[Your objective]:
The line containing "-- The presets and" marks where copying starts, so set down that line and each one after it exactly, through the end of the records.

[Material for this task]:
┌────────

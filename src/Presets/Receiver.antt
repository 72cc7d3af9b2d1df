-- ===== src/Presets/Receiver.antt =====
-- `Receiver`: what a provider says of the presets of a file, one call at a time. `none` is the null
-- pointer.
pub mod Groups
pub mod Collects
mod Tests
use wrac_plugin_template.Prelude.{
  ℕ, Bool, true, false, not, ◌&&◌, ◌||◌, if◌then◌else◌, List, [], ◌∷◌, ◌++◌, Option, none, some,
}
use wrac_plugin_template.Prelude.Text.{Text, is_empty, same}
use wrac_plugin_template.Presets.{PresetEntry, text_or_empty}

pub data Call : Type 0 where
  on_error : Call
  begin_preset : Option Text → Option Text → Call
  add_plugin_id : Option (Option Text × Option Text) → Call
  set_soundpack_id : Option Text → Call
  set_flags : ℕ → Call
  add_creator : Option Text → Call
  set_description : Option Text → Call
  set_timestamps : ℕ → ℕ → Call
  add_feature : Option Text → Call
  add_extra_info : Call

pub record Pending : Type 0 where
  pub entry : PresetEntry
  pub saw_any_plugin_id : Bool
  pub matched_plugin_id : Bool

-- The pending presets stand with the one that was begun last in front. `timestamp_unknown` is the
-- constant `CLAP_TIMESTAMP_UNKNOWN`, a parameter.
pub record Receiver : Type 0 where
  pub location_kind : ℕ
  pub location : Text
  pub location_flags : ℕ
  pub plugin_id : Text
  pub timestamp_unknown : ℕ
  pub collected : List PresetEntry
  pub pending : List Pending

-- "clap"
abbrev pub clap_abi : Text
clap_abi = 0x63 ∷ 0x6C ∷ 0x61 ∷ 0x70 ∷ []

abbrev pub same_string : Option Text → Text → Bool
same_string none b = false
same_string (some a) b = same a b

abbrev pub is_for : Text → Option Text × Option Text → Bool
is_for plugin id = same_string id.0 clap_abi && same_string id.1 plugin

abbrev pub with_entry : (PresetEntry → PresetEntry) → Pending → Pending
with_entry f p = record p { entry = f p.entry }

abbrev pub unless_empty : Option Text → List Text
unless_empty none = []
unless_empty (some t) = if is_empty t then [] else t ∷ []

abbrev pub or_old : Option Text → Text → Text
or_old none old = old
or_old (some t) old = t

-- What a call does to the preset that was begun last.
unfoldable pub amend : Text → Call → Pending → Pending
amend plugin (add_plugin_id (some id)) p = record p {
  saw_any_plugin_id = true;
  matched_plugin_id = is_for plugin id || p.matched_plugin_id;
}
amend plugin (set_soundpack_id id) p =
    with_entry (λ e. record e { collection_id = or_old id e.collection_id }) p
amend plugin (set_flags flags) p = with_entry (λ e. record e { flags = flags }) p
amend plugin (add_creator creator) p =
    with_entry (λ e. record e { creators = e.creators ++ unless_empty creator }) p
amend plugin (set_description d) p =
    with_entry (λ e. record e { description = or_old d e.description }) p
amend plugin (set_timestamps created modified) p =
    with_entry (λ e. record e { creation_time = created; modification_time = modified }) p
amend plugin (add_feature feature) p =
    with_entry (λ e. record e { features = e.features ++ unless_empty feature }) p
amend plugin on_error p = p
amend plugin (begin_preset name key) p = p
amend plugin (add_plugin_id none) p = p
amend plugin add_extra_info p = p

abbrev pub new_entry : Receiver → Option Text → Option Text → PresetEntry
new_entry r name key = record {
  location_kind = r.location_kind;
  location = r.location;
  load_key = text_or_empty key;
  name = text_or_empty name;
  collection_id = [];
  description = [];
  creators = [];
  features = [];
  flags = r.location_flags;
  creation_time = r.timestamp_unknown;
  modification_time = r.timestamp_unknown;
}

abbrev pub amend_last : Text → Call → List Pending → List Pending
amend_last plugin c [] = []
amend_last plugin c (p ∷ pending) = amend plugin c p ∷ pending

abbrev pub fresh_pending : Receiver → Option Text → Option Text → Pending
fresh_pending r name key = record {
  entry = new_entry r name key;
  saw_any_plugin_id = false;
  matched_plugin_id = false;
}

unfoldable pub receive : Receiver → Call → Receiver
unfolding amend
receive r (begin_preset name key) = record r { pending = fresh_pending r name key ∷ r.pending }
receive r on_error = r
receive r add_extra_info = r
receive r (add_plugin_id id) = record r {
  pending = amend_last r.plugin_id (add_plugin_id id) r.pending;
}
receive r (set_soundpack_id id) = record r {
  pending = amend_last r.plugin_id (set_soundpack_id id) r.pending;
}
receive r (set_flags flags) = record r {
  pending = amend_last r.plugin_id (set_flags flags) r.pending;
}
receive r (add_creator creator) = record r {
  pending = amend_last r.plugin_id (add_creator creator) r.pending;
}
receive r (set_description d) = record r {
  pending = amend_last r.plugin_id (set_description d) r.pending;
}
receive r (set_timestamps created modified) = record r {
  pending = amend_last r.plugin_id (set_timestamps created modified) r.pending;
}
receive r (add_feature feature) = record r {
  pending = amend_last r.plugin_id (add_feature feature) r.pending;
}

abbrev pub receive_all : Receiver → List Call → Receiver
receive_all r [] = r
receive_all r (c ∷ calls) = receive_all (receive r c) calls

-- The presets that are kept, in the order in which they were begun.
unfoldable pub kept : List Pending → List PresetEntry
kept [] = []
kept (p ∷ pending) =
    kept pending ++ (if not p.saw_any_plugin_id || p.matched_plugin_id then p.entry ∷ [] else [])

unfoldable pub finish_file : Receiver → Receiver
unfolding kept
finish_file r = record r { collected = r.collected ++ kept r.pending; pending = [] }
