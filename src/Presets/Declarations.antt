-- ===== src/Presets/Declarations.antt =====
-- `Declarations`: what a provider declares, call by call. The constants for the kinds of a location
-- are parameters.
use wrac_plugin_template.Prelude.{
  ℕ, ◌+◌, Bool, true, false, ◌&&◌, ◌||◌, ◌==◌, leb, if◌then◌else◌, List, [], ◌∷◌, ◌++◌, Option,
  none, some,
}
use wrac_plugin_template.Prelude.Text.{Text, is_empty, same}
use wrac_plugin_template.Presets.{text_or_empty}

-- `std::tolower` in the C locale.
abbrev pub lower : ℕ → ℕ
lower c = if leb 0x41 c && leb c 0x5A then c + 0x20 else c

unfoldable pub to_lower : Text → Text
to_lower [] = []
to_lower (c ∷ s) = lower c ∷ to_lower s

abbrev pub without_dot : Text → Text
without_dot [] = []
without_dot (c ∷ s) = if c == 0x2E then s else c ∷ s

unfoldable pub normalize_extension : Option Text → Text
unfolding to_lower
normalize_extension none = []
normalize_extension (some declared) = to_lower (without_dot declared)

pub record Kinds : Type 0 where
  pub file : ℕ
  pub plugin : ℕ

pub record Location : Type 0 where
  pub flags : ℕ
  pub kind : ℕ
  pub name : Text
  pub location : Text

pub record PresetCollection : Type 0 where
  pub id : Text
  pub name : Text
  pub description : Text
  pub vendor : Text
  pub homepage_url : Text
  pub image_path : Text
  pub release_timestamp : ℕ
  pub flags : ℕ

pub record Declarations : Type 0 where
  pub extensions : List Text
  pub locations : List Location
  pub collections : List PresetCollection

-- A call of the indexer. A null structure is `none`, a null string in it too.
pub record DeclaredLocation : Type 0 where
  pub flags : ℕ
  pub name : Option Text
  pub kind : ℕ
  pub location : Option Text

pub record DeclaredSoundpack : Type 0 where
  pub flags : ℕ
  pub id : Option Text
  pub name : Option Text
  pub description : Option Text
  pub homepage_url : Option Text
  pub vendor : Option Text
  pub image_path : Option Text
  pub release_timestamp : ℕ

pub data Declare : Type 0 where
  filetype : Option (Option Text) → Declare
  location : Option DeclaredLocation → Declare
  soundpack : Option DeclaredSoundpack → Declare

unfoldable pub declare_filetype : Option (Option Text) → Declarations → Bool × Declarations
unfolding normalize_extension
declare_filetype none d = (false, d)
declare_filetype (some extension) d =
    (true, record d { extensions = d.extensions ++ normalize_extension extension ∷ [] })

-- The place that is recorded, where the location is taken.
unfoldable pub recorded_place : Kinds → ℕ → Option Text → Option Text
recorded_place kinds kind place =
    if kind == kinds.file
    then (if is_empty (text_or_empty place) then none else some (text_or_empty place))
    else if kind == kinds.plugin
    then (if is_empty (text_or_empty place) then some [] else none)
    else none

abbrev pub add_location : DeclaredLocation → Option Text → Declarations → Bool × Declarations
add_location l none d = (false, d)
add_location l (some place) d = (
  true,
  record d {
    locations =
        d.locations
        ++ record { flags = l.flags; kind = l.kind; name = text_or_empty l.name; location = place }
          ∷ [];
  },
)

unfoldable pub declare_location :
    Kinds → Option DeclaredLocation → Declarations → Bool × Declarations
unfolding recorded_place
declare_location kinds none d = (false, d)
declare_location kinds (some l) d = add_location l (recorded_place kinds l.kind l.location) d

abbrev pub add_soundpack : DeclaredSoundpack → Option Text → Declarations → Bool × Declarations
add_soundpack s none d = (false, d)
add_soundpack s (some id) d = (
  true,
  record d {
    collections =
        d.collections
        ++ record {
          id = id;
          name = text_or_empty s.name;
          description = text_or_empty s.description;
          vendor = text_or_empty s.vendor;
          homepage_url = text_or_empty s.homepage_url;
          image_path = text_or_empty s.image_path;
          release_timestamp = s.release_timestamp;
          flags = s.flags;
        }
          ∷ [];
  },
)

unfoldable pub declare_soundpack : Option DeclaredSoundpack → Declarations → Bool × Declarations
declare_soundpack none d = (false, d)
declare_soundpack (some s) d = add_soundpack s s.id d

abbrev pub declare : Kinds → Declare → Declarations → Declarations
declare kinds (filetype e) d = (declare_filetype e d).1
declare kinds (location l) d = (declare_location kinds l d).1
declare kinds (soundpack s) d = (declare_soundpack s d).1

abbrev pub declare_all : Kinds → List Declare → Declarations → Declarations
declare_all kinds [] d = d
declare_all kinds (c ∷ calls) d = declare_all kinds calls (declare kinds c d)

-- Whether an extension is declared, of a path's extension as it stands.
unfoldable pub declares : List Text → Text → Bool
declares [] extension = false
declares (e ∷ extensions) extension =
    is_empty e || same e extension || declares extensions extension

unfoldable pub matches_extension : List Text → Text → Bool
unfolding declares to_lower
matches_extension extensions extension = declares extensions (to_lower (without_dot extension))
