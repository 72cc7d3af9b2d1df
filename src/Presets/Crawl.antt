-- ===== src/Presets/Crawl.antt =====
-- `crawl`, where it is not abandoned. A provider is what it calls back, and the file system what it
-- lists; both are parameters.
pub mod Found
pub mod Indexed
mod Tests
use wrac_plugin_template.Prelude.{
  ℕ, zero, suc, ◌+◌, Bool, true, false, not, ◌&&◌, ◌||◌, ◌==◌, ltb, leb, if◌then◌else◌, List, [],
  ◌∷◌, ◌++◌, map, Option, none, some,
}
use wrac_plugin_template.Prelude.Text.{Text, is_empty, same}
use wrac_plugin_template.Presets.{PresetEntry, text_or_empty, sorted}
use wrac_plugin_template.Presets.Receiver.{Call, Receiver, receive_all, finish_file}
use wrac_plugin_template.Presets.Declarations.{
  Kinds, Location, PresetCollection, Declarations, Declare, declare_all, matches_extension,
}

-- An entry of a directory as the recursive iteration gives it, or an error of it.
pub data FileEntry : Type 0 where
  unread : FileEntry
  entry : ℕ → Bool → Text → Text → FileEntry

pub record FileSystem : Type 0 where
  pub is_regular_file : Text → Bool
  pub is_directory : Text → Bool
  pub walk : Text → List FileEntry

-- A descriptor with an id, a compatible version, a provider that `create` gives, whose `init` makes
-- the calls and succeeds, and `get_metadata`, which is null or makes calls for a kind and a location.
pub record Provider : Type 0 where
  pub has_id : Bool
  pub is_compatible : Bool
  pub is_created : Bool
  pub inits : Bool
  pub declared : List Declare
  pub get_metadata : Option (ℕ → Option Text → List Call)

abbrev pub max_crawl_depth : ℕ
max_crawl_depth = 8

abbrev pub max_presets_per_location : ℕ
max_presets_per_location = 50000

-- One file, or the plugin's own container.
pub read_file : (Option Text → List Call) → Text → Option Text → Receiver → Receiver
unfolding finish_file
read_file metadata place given r =
    finish_file (receive_all (record r { location = place }) (metadata given))

-- The loop over a directory, with the room that is left for presets.
pub crawl_directory :
    (Option Text → List Call) → List Text → List FileEntry → ℕ → Receiver → Receiver
unfolding read_file matches_extension
crawl_directory metadata extensions [] room r = r
crawl_directory metadata extensions (unread ∷ entries) room r =
    crawl_directory metadata extensions entries room r
crawl_directory metadata extensions (entry depth regular extension path ∷ entries) zero r =
    let skipped = crawl_directory metadata extensions entries zero r in
    if ltb max_crawl_depth depth || (not regular || not (matches_extension extensions extension))
    then skipped
    else r
crawl_directory metadata extensions (entry depth regular extension path ∷ entries) (suc room) r =
    let skipped = crawl_directory metadata extensions entries (suc room) r in
    let taken =
      crawl_directory metadata extensions entries room (read_file metadata path (some path) r) in
    if ltb max_crawl_depth depth || (not regular || not (matches_extension extensions extension))
    then skipped
    else taken

module _ (kinds : Kinds) (files : FileSystem) where
  pub crawl_location : (ℕ → Option Text → List Call) → List Text → Location → Receiver → Receiver
  unfolding read_file crawl_directory
  crawl_location metadata extensions l r =
      let r' = record r { location_kind = l.kind; location_flags = l.flags } in
      if l.kind == kinds.plugin
      then read_file (metadata l.kind) [] none r'
      else if files.is_regular_file l.location
      then read_file (metadata l.kind) l.location (some l.location) r'
      else if not (files.is_directory l.location)
      then r'
      else crawl_directory (metadata l.kind) extensions (files.walk l.location)
          max_presets_per_location r'

  pub crawl_locations :
      (ℕ → Option Text → List Call) → List Text → List Location → Receiver → Receiver
  unfolding crawl_location
  crawl_locations metadata extensions [] r = r
  crawl_locations metadata extensions (l ∷ locations) r =
      crawl_locations metadata extensions locations (crawl_location metadata extensions l r)

  abbrev pub declarations_of : Provider → Declarations
  declarations_of p =
      declare_all kinds p.declared (record { extensions = []; locations = []; collections = [] })

  abbrev pub is_usable : Provider → Bool
  is_usable p = p.has_id && (p.is_compatible && (p.is_created && p.inits))

  module _ (plugin_id : Text) (timestamp_unknown : ℕ) where
    abbrev pub new_receiver : Receiver
    new_receiver = record {
      location_kind = kinds.file;
      location = [];
      location_flags = 0;
      plugin_id = plugin_id;
      timestamp_unknown = timestamp_unknown;
      collected = [];
      pending = [];
    }

    pub collected_of : Declarations → Option (ℕ → Option Text → List Call) → List PresetEntry
    unfolding crawl_locations
    collected_of d none = []
    collected_of d (some metadata) =
        (crawl_locations metadata d.extensions d.locations new_receiver).collected

    -- The presets and the collections after the providers.
    pub crawl_providers :
        List Provider
        → List PresetEntry × List PresetCollection
        → List PresetEntry × List PresetCollection
    unfolding collected_of
    crawl_providers [] s = s
    crawl_providers (p ∷ providers) s =
        let d = declarations_of p in
        crawl_providers providers
          (if is_usable p then (s.0 ++ collected_of d p.get_metadata, s.1 ++ d.collections) else s)

    pub crawl : List Provider → List PresetEntry × List PresetCollection
    unfolding crawl_providers
    crawl providers = let all = crawl_providers providers ([], []) in (sorted all.0, all.1)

└────────

[Result of the exercise]:
    -- The presets and the collections after the providers.
    pub crawl_providers :
        List Provider
        → List PresetEntry × List PresetCollection
        → List PresetEntry × List PresetCollection
    unfolding collected_of
    crawl_providers [] s = s
    crawl_providers (p ∷ providers) s =
        let d = declarations_of p in
        crawl_providers providers
          (if is_usable p then (s.0 ++ collected_of d p.get_metadata, s.1 ++ d.collections) else s)

    pub crawl : List Provider → List PresetEntry × List PresetCollection
    unfolding crawl_providers
    crawl providers = let all = crawl_providers providers ([], []) in (sorted all.0, all.1)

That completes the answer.